◆ **EXERCISE DESCRIPTION**:
Print, exactly and completely, the data that appears below.

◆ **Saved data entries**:
+++++

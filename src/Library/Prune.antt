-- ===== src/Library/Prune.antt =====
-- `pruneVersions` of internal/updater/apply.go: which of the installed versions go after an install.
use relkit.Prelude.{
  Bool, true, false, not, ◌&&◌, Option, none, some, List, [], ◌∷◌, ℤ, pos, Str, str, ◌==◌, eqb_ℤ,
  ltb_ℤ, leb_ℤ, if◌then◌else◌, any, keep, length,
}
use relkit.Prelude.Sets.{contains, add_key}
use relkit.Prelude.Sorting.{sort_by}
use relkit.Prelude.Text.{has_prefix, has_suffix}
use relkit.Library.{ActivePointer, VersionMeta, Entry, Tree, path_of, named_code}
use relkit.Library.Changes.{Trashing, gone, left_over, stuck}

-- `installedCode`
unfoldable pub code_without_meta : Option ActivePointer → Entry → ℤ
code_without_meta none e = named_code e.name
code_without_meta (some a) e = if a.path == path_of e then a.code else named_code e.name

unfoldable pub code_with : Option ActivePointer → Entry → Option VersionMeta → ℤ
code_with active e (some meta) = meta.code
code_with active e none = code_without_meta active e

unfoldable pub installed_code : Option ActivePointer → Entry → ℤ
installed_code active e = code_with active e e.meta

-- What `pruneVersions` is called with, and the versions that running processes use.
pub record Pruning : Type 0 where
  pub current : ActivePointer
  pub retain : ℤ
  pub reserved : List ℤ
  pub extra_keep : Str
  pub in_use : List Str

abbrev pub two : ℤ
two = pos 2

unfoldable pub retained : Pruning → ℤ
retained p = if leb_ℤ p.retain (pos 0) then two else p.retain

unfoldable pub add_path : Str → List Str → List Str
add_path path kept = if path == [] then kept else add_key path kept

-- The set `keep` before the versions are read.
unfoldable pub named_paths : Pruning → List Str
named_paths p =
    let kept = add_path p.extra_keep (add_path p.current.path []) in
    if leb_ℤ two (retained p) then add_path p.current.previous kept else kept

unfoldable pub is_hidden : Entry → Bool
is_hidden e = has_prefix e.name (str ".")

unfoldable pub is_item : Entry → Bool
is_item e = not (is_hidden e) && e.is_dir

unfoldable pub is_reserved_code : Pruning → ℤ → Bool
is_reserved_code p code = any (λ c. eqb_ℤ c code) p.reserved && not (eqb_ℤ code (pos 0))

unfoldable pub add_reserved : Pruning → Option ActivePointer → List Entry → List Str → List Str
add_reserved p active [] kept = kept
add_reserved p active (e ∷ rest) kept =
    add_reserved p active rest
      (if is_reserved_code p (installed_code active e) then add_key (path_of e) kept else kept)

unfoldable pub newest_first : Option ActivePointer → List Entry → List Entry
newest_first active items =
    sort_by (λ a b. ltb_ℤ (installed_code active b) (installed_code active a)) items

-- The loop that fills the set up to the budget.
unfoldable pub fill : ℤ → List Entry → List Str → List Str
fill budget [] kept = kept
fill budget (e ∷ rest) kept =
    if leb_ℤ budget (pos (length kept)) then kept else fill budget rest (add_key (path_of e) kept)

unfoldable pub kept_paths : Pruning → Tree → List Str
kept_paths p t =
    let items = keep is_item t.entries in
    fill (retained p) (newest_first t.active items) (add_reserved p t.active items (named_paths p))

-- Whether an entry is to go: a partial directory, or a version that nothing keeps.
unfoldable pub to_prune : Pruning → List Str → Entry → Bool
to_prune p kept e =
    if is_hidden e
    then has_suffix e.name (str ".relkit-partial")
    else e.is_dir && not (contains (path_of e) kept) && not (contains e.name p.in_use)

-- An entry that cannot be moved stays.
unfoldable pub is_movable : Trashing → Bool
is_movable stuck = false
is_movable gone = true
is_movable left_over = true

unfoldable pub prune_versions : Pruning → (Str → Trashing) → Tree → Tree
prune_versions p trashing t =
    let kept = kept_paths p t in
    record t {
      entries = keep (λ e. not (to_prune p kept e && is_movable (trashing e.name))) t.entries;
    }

+++++

◆ **SOLUTION BELOW**:
filename src/Library/Prune.antt
-- ===== src/Library/Prune.antt =====
-- `pruneVersions` of internal/updater/apply.go: which of the installed versions go after an install.
use relkit.Prelude.{
  Bool, true, false, not, ◌&&◌, Option, none, some, List, [], ◌∷◌, ℤ, pos, Str, str, ◌==◌, eqb_ℤ,
  ltb_ℤ, leb_ℤ, if◌then◌else◌, any, keep, length,
}
use relkit.Prelude.Sets.{contains, add_key}
use relkit.Prelude.Sorting.{sort_by}
use relkit.Prelude.Text.{has_prefix, has_suffix}
use relkit.Library.{ActivePointer, VersionMeta, Entry, Tree, path_of, named_code}
use relkit.Library.Changes.{Trashing, gone, left_over, stuck}

-- `installedCode`
unfoldable pub code_without_meta : Option ActivePointer → Entry → ℤ
code_without_meta none e = named_code e.name
code_without_meta (some a) e = if a.path == path_of e then a.code else named_code e.name

unfoldable pub code_with : Option ActivePointer → Entry → Option VersionMeta → ℤ
code_with active e (some meta) = meta.code
code_with active e none = code_without_meta active e

unfoldable pub installed_code : Option ActivePointer → Entry → ℤ
installed_code active e = code_with active e e.meta

-- What `pruneVersions` is called with, and the versions that running processes use.
pub record Pruning : Type 0 where
  pub current : ActivePointer
  pub retain : ℤ
  pub reserved : List ℤ
  pub extra_keep : Str
  pub in_use : List Str

abbrev pub two : ℤ
two = pos 2

unfoldable pub retained : Pruning → ℤ
retained p = if leb_ℤ p.retain (pos 0) then two else p.retain

unfoldable pub add_path : Str → List Str → List Str
add_path path kept = if path == [] then kept else add_key path kept

-- The set `keep` before the versions are read.
unfoldable pub named_paths : Pruning → List Str
named_paths p =
    let kept = add_path p.extra_keep (add_path p.current.path []) in
    if leb_ℤ two (retained p) then add_path p.current.previous kept else kept

unfoldable pub is_hidden : Entry → Bool
is_hidden e = has_prefix e.name (str ".")

unfoldable pub is_item : Entry → Bool
is_item e = not (is_hidden e) && e.is_dir

unfoldable pub is_reserved_code : Pruning → ℤ → Bool
is_reserved_code p code = any (λ c. eqb_ℤ c code) p.reserved && not (eqb_ℤ code (pos 0))

unfoldable pub add_reserved : Pruning → Option ActivePointer → List Entry → List Str → List Str
add_reserved p active [] kept = kept
add_reserved p active (e ∷ rest) kept =
    add_reserved p active rest
      (if is_reserved_code p (installed_code active e) then add_key (path_of e) kept else kept)

unfoldable pub newest_first : Option ActivePointer → List Entry → List Entry
newest_first active items =
    sort_by (λ a b. ltb_ℤ (installed_code active b) (installed_code active a)) items

-- The loop that fills the set up to the budget.
unfoldable pub fill : ℤ → List Entry → List Str → List Str
fill budget [] kept = kept
fill budget (e ∷ rest) kept =
    if leb_ℤ budget (pos (length kept)) then kept else fill budget rest (add_key (path_of e) kept)

unfoldable pub kept_paths : Pruning → Tree → List Str
kept_paths p t =
    let items = keep is_item t.entries in
    fill (retained p) (newest_first t.active items) (add_reserved p t.active items (named_paths p))

-- Whether an entry is to go: a partial directory, or a version that nothing keeps.
unfoldable pub to_prune : Pruning → List Str → Entry → Bool
to_prune p kept e =
    if is_hidden e
    then has_suffix e.name (str ".relkit-partial")
    else e.is_dir && not (contains (path_of e) kept) && not (contains e.name p.in_use)

-- An entry that cannot be moved stays.
unfoldable pub is_movable : Trashing → Bool
is_movable stuck = false
is_movable gone = true
is_movable left_over = true

unfoldable pub prune_versions : Pruning → (Str → Trashing) → Tree → Tree
prune_versions p trashing t =
    let kept = kept_paths p t in
    record t {
      entries = keep (λ e. not (to_prune p kept e && is_movable (trashing e.name))) t.entries;
    }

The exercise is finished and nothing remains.